These aspects highlight two types of difficulties for any spatio-temporal understanding: first, the aspects related to the background independence and the dynamics of the theory (QGeom-1) and second, the aspects related to the interpretative issues in quantum theory (QGeom-2, -3, -4) (these latter being aggravated by the former, see below). Let us now turn to the other standard form of canonical quantum gravity.

2.2Loop quantum gravity

One of the main motivations for considering alternative canonical variables for the canonical quantization of GR is to alleviate the mathematical difficulties that plague the constraints of quantum geometrodynamics – in particular the non-polynomial dependence of the constraints on the 3-metric. The choice of the ‘Ashtekar variables’ as canonical variables – basically a SU(2) connection and its corresponding densitized tetrad – lies at the basis of the LQG programme: indeed it opens new and mathematically more rigorous perspectives on the quantum constraints expressed in terms of these variables. The central variables of LQG are the spin network states (suitably defined ‘cylindrical’ (wave) functionals of the SU(2) connection associated with abstract graphs carrying irreducible representations of SU(2)), which form an orthonormal basis in the kinematical Hilbert space of the theory. This latter space can be constructed so that its states are invariant under ‘local’ SU(2) gauge transformations and under 3-diffeomorphisms, i.e. so that the Gauss and (LQG version of the) momentum quantum constraints are satisfied; this kinematical Hilbert space is interpreted as the space of the quantum states of the 3-gravitational field (matter degrees of freedom can be in principle incorporated in the description – very roughly, attaching irreducible representations of the relevant gauge groups to the links of the spin networks). At the kinematical level, several important aspects of LQG ground the claim that space is not fundamental (although such explicit claim about space at the kinematical level is specific to LQG, these aspects – apart from (LQG-1) below – are basically LQG counterparts of those discussed within quantum geometrodynamics). We highlight two of them, which are important for the discussion.
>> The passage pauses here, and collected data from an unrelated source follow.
-- ===== src/Lexer/Number.antt =====
-- `lexer_token_get` on numbers: a sign, digits, a point, digits and an exponent.
use htools.Prelude.{
  ℕ, ◌+◌, Option, some, Bool, true, false, ◌==◌, if◌then◌else◌, ◌&&◌, ◌||◌, ◌≡◌, inl, inr, refl, ap,
  ap₂, ◌∙◌, arith, List, Returns, Returns-bind, Bool-cases,
}
use mathlib.Core.Path.{subst}
use htools.Lexer.Ops.{Lexer}
use htools.Lexer.Ring.{IsReader}
use htools.Lexer.See.{IsAscii, char_at, At}
use htools.Lexer.Token.{is_digit, is_sign, digits, exponent, with_exponent, fraction, number}
use htools.Lexer.Scan.{IsClass, run, after, Scans, digits-Scans, optional_char-Scans}

abbrev pub is_e : ℕ → Bool
is_e c = c == 101 || c == 69

abbrev pub is_point : ℕ → Bool
is_point c = c == 46

-- The end of a number's exponent, if one stands at `k`.
abbrev pub exponent_end : List ℕ → ℕ → ℕ
exponent_end xs k =
    let s = after is_sign xs (k + 1) in
    if is_e (char_at xs k) && is_digit (char_at xs s) then run is_digit xs s else k

-- Where the digits before and behind the point start.
abbrev pub whole_start : List ℕ → ℕ
whole_start xs = after is_sign xs 0

abbrev pub fraction_start : List ℕ → ℕ
fraction_start xs = after is_point xs (run is_digit xs (whole_start xs))

abbrev pub is_number : List ℕ → Bool
is_number xs = is_digit (char_at xs (whole_start xs)) || is_digit (char_at xs (fraction_start xs))

abbrev pub number_end : List ℕ → ℕ
number_end xs = exponent_end xs (run is_digit xs (fraction_start xs))

sign-IsClass : IsClass is_sign
sign-IsClass = record { none_ = refl; same = λ v. ground arith }

e-IsClass : IsClass is_e
e-IsClass = record { none_ = refl; same = λ v. ground arith }

point-IsClass : IsClass is_point
point-IsClass = record { none_ = refl; same = λ v. ground arith }

module _ {S : Type 0} (rest : S → List ℕ) (xs : List ℕ) (l : Lexer S) where
  pub At-start : (r : Lexer S) (k : ℕ) → At S rest xs l r k → At S rest xs l r 0
  At-start r k a = record {
    holds = a.holds;
    ofs = a.ofs;
    line_no = a.line_no;
    col_no = a.col_no;
    error = a.error;
    near = omega arith;
  }

module _ {S : Type 0} (callback : S → ℕ → List ℕ × S) (junk : ℕ → ℕ) (rest : S → List ℕ)
    (reader : IsReader S callback rest) (xs : List ℕ) (ascii : IsAscii xs) (l : Lexer S) where
  abbrev Digits : ℕ → Lexer S × ℕ × Bool → Type 0
  Digits k q =
      Scans callback junk rest reader xs ascii l is_digit k (q.0, q.1)
      × (q.2 ≡ is_digit (char_at xs k))

  digits-from :
      (r : Lexer S) (k n : ℕ)
      → k ≡ n
      → At S rest xs l r k
      → Returns (digits callback junk r k) (Digits n)
  digits-from r k n e a =
      subst (λ m. Returns (digits callback junk r k) (Digits m)) e
        (digits-Scans callback junk rest reader xs ascii l r k a)

  -- The lexer and an index behind a scan.
  abbrev pub Ends : ℕ → Lexer S × ℕ → Type 0
  Ends n q = (q.1 ≡ n) × At S rest xs l q.0 0

  exponent-Ends :
      (r : Lexer S) (k : ℕ)
      → At S rest xs l r k
      → Returns (exponent callback junk r k) (Ends (exponent_end xs k))
  unfolding exponent
  exponent-Ends r k a =
      let (j1, e1, a1) =
        optional_char-Scans callback junk rest reader xs ascii l is_e e-IsClass r k a in
      let (j2, e2, a2) =
        optional_char-Scans callback junk rest reader xs ascii l is_sign sign-IsClass _ _ a1 in
      elim (Bool-cases (is_e (char_at xs k))) [
        | inl more ↦
            let here : after is_e xs k ≡ k + 1 = rw more refl in
            let found : Lexer S × ℕ × Bool → Option (Lexer S × ℕ) =
              λ q. some (q.0, if q.2 then q.1 else k) in
            let start = j2 ∙ ap (after is_sign xs) (j1 ∙ here) in
            rw (e1, more)
              (Returns-bind (Digits (after is_sign xs (k + 1))) _ (digits callback junk _ _) found
                (digits-from _ _ _ start a2)
                (λ q h. (
                  ap₂ (λ (b : Bool) (n : ℕ). if b then n else k) h.1 h.0.0,
                  At-start rest xs l _ _ h.0.1,
                )))
        | inr stop ↦ rw (e1, stop) (refl, At-start rest xs l _ _ a1)
      ]

  -- The same of a number that may be none.
  abbrev pub IsNumber : Bool → ℕ → Lexer S × ℕ × Bool → Type 0
  IsNumber b n q = (q.2 ≡ b) × At S rest xs l q.0 0 × ((if b then q.1 else n) ≡ n)

  with_exponent-IsNumber :
      (r : Lexer S) (k : ℕ) (b : Bool)
      → At S rest xs l r k
      → Returns (with_exponent callback junk r k b) (IsNumber b (exponent_end xs k))
  unfolding with_exponent
  with_exponent-IsNumber r k true a =
      Returns-bind (Ends (exponent_end xs k)) _ (exponent callback junk r k) _ (exponent-Ends r k a)
        (λ q h. (refl, h.1, h.0))
  with_exponent-IsNumber r k false a = (refl, At-start rest xs l r k a, refl)

  fraction-IsNumber :
      (r : Lexer S) (k : ℕ) (b : Bool)
      → At S rest xs l r k
      → Returns (fraction callback junk r k b) (
          IsNumber
            (b || is_digit (char_at xs (after is_point xs k)))
            (exponent_end xs (run is_digit xs (after is_point xs k))))
  unfolding fraction
  fraction-IsNumber r k b a =
      let (j, e, a1) =
        optional_char-Scans callback junk rest reader xs ascii l is_point point-IsClass r k a in
      Returns-bind (Digits (after is_point xs k)) _ (digits callback junk _ _)
        (λ q. with_exponent callback junk q.0 q.1 (b || q.2)) (digits-from _ _ _ j a1)
        (λ q h.
          subst
            (λ n.
              Returns (with_exponent callback junk q.0 q.1 (b || q.2))
                (IsNumber (b || is_digit (char_at xs (after is_point xs k))) (exponent_end xs n)))
            h.0.0
            (subst
              (λ d.
                Returns (with_exponent callback junk q.0 q.1 (b || q.2))
                  (IsNumber (b || d) (exponent_end xs q.1)))
              h.1 (with_exponent-IsNumber q.0 q.1 (b || q.2) h.0.1)))

  -- A number, or none, at the start of the text; its first character was looked at.
  pub number-IsNumber :
      (r : Lexer S)
      → At S rest xs l r 1
      → Returns (number callback junk r (char_at xs 0)) (IsNumber (is_number xs) (number_end xs))
  unfolding number
  number-IsNumber r a =
      Returns-bind (Digits (whole_start xs)) _ (digits callback junk r (whole_start xs))
        (λ q. fraction callback junk q.0 q.1 q.2)
        (digits-Scans callback junk rest reader xs ascii l r (whole_start xs)
          (start (is_sign (char_at xs 0))))
        (λ q h.
          subst
            (λ n. Returns (fraction callback junk q.0 q.1 q.2) (
              IsNumber
                (is_digit (char_at xs (whole_start xs))
                  || is_digit (char_at xs (after is_point xs n)))
                (exponent_end xs (run is_digit xs (after is_point xs n)))))
            h.0.0
            (subst
              (λ d. Returns (fraction callback junk q.0 q.1 q.2) (
                IsNumber (d || is_digit (char_at xs (after is_point xs q.1)))
                  (exponent_end xs (run is_digit xs (after is_point xs q.1)))))
              h.1 (fraction-IsNumber q.0 q.1 q.2 h.0.1)))
    where
      start : (b : Bool) → At S rest xs l r (if b then 0 + 1 else 0)
      start true = a
      start false = At-start rest xs l r 1 a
  • (LQG-1) One of the most important results of LQG is that area and volume operators can be defined on the kinematical Hilbert space and turn out to have discrete spectra (spin network states being eigenstates of these geometrical operators). This result is naturally interpreted as an indication of the fundamental discrete nature of space, which (to some extent) can be pictorially represented by spin network graphs, with the nodes representing ‘quanta’ (or ‘atoms’) of space (3-volume) and links representing ‘quanta’ of surfaces (2-surface) separating the ‘quanta’ of volume attached to the corresponding nodes. This discreteness often lies at the heart of the claim about the non-fundamentality of space within LQG (e.g. Wüthrich 2011). What is meant with this claim is that the smooth structure of space as described within classical GR is not fundamental (but may be only approximate in some sense). But this claim alone does not imply that space itself is (ontologically) non-fundamental. The discrete spectra of the geometrical operators are an important (and specific) consequence – prediction – of the theory (rather than a mere assumption as in lattice QFT), and it might be indeed tempting to consider the discrete spin network picture of LQG as evidence that the theory takes space to be a fundamental entity, albeit a discrete one. However, as Rovelli (2011, § 2.4) points out, one should be careful with any too literal reading of such a geometrical picture within this context (there are different – not necessarily ontologically equivalent – geometrical understandings of the spin networks). But the main objection against the fundamentality of space (and spacetime) comes from a more basic quantum feature of the theory.
  • (LQG-2) A generic quantum state at the kinematical level of the theory (i.e. a quantum state of ‘space’ or of the 3-gravitational field) is not a spin network state, but a quantum superposition thereof. As a consequence, the just mentioned geometrical (and intuitive) interpretation of spin networks (literally) describing discrete space breaks down. It is not at all clear in what sense such quantum superpositions could still be considered as representing physical, 3-dimensional space (Rovelli 2004, § 6.7.1 and § 10.1.3 makes the point clear).

This last aspect is of central importance: the basic quantum feature of linear superposition can be convincingly argued to constitute one of the major obstacles for considering space(time) as fundamental within canonical quantum gravity. The crucial point is common to LQG and quantum geometrodynamics: (LQG-2) is the LQG and kinematical version of (QGeom-4), and the argument from quantum superposition can also be raised against spacetime at the dynamical level of LQG.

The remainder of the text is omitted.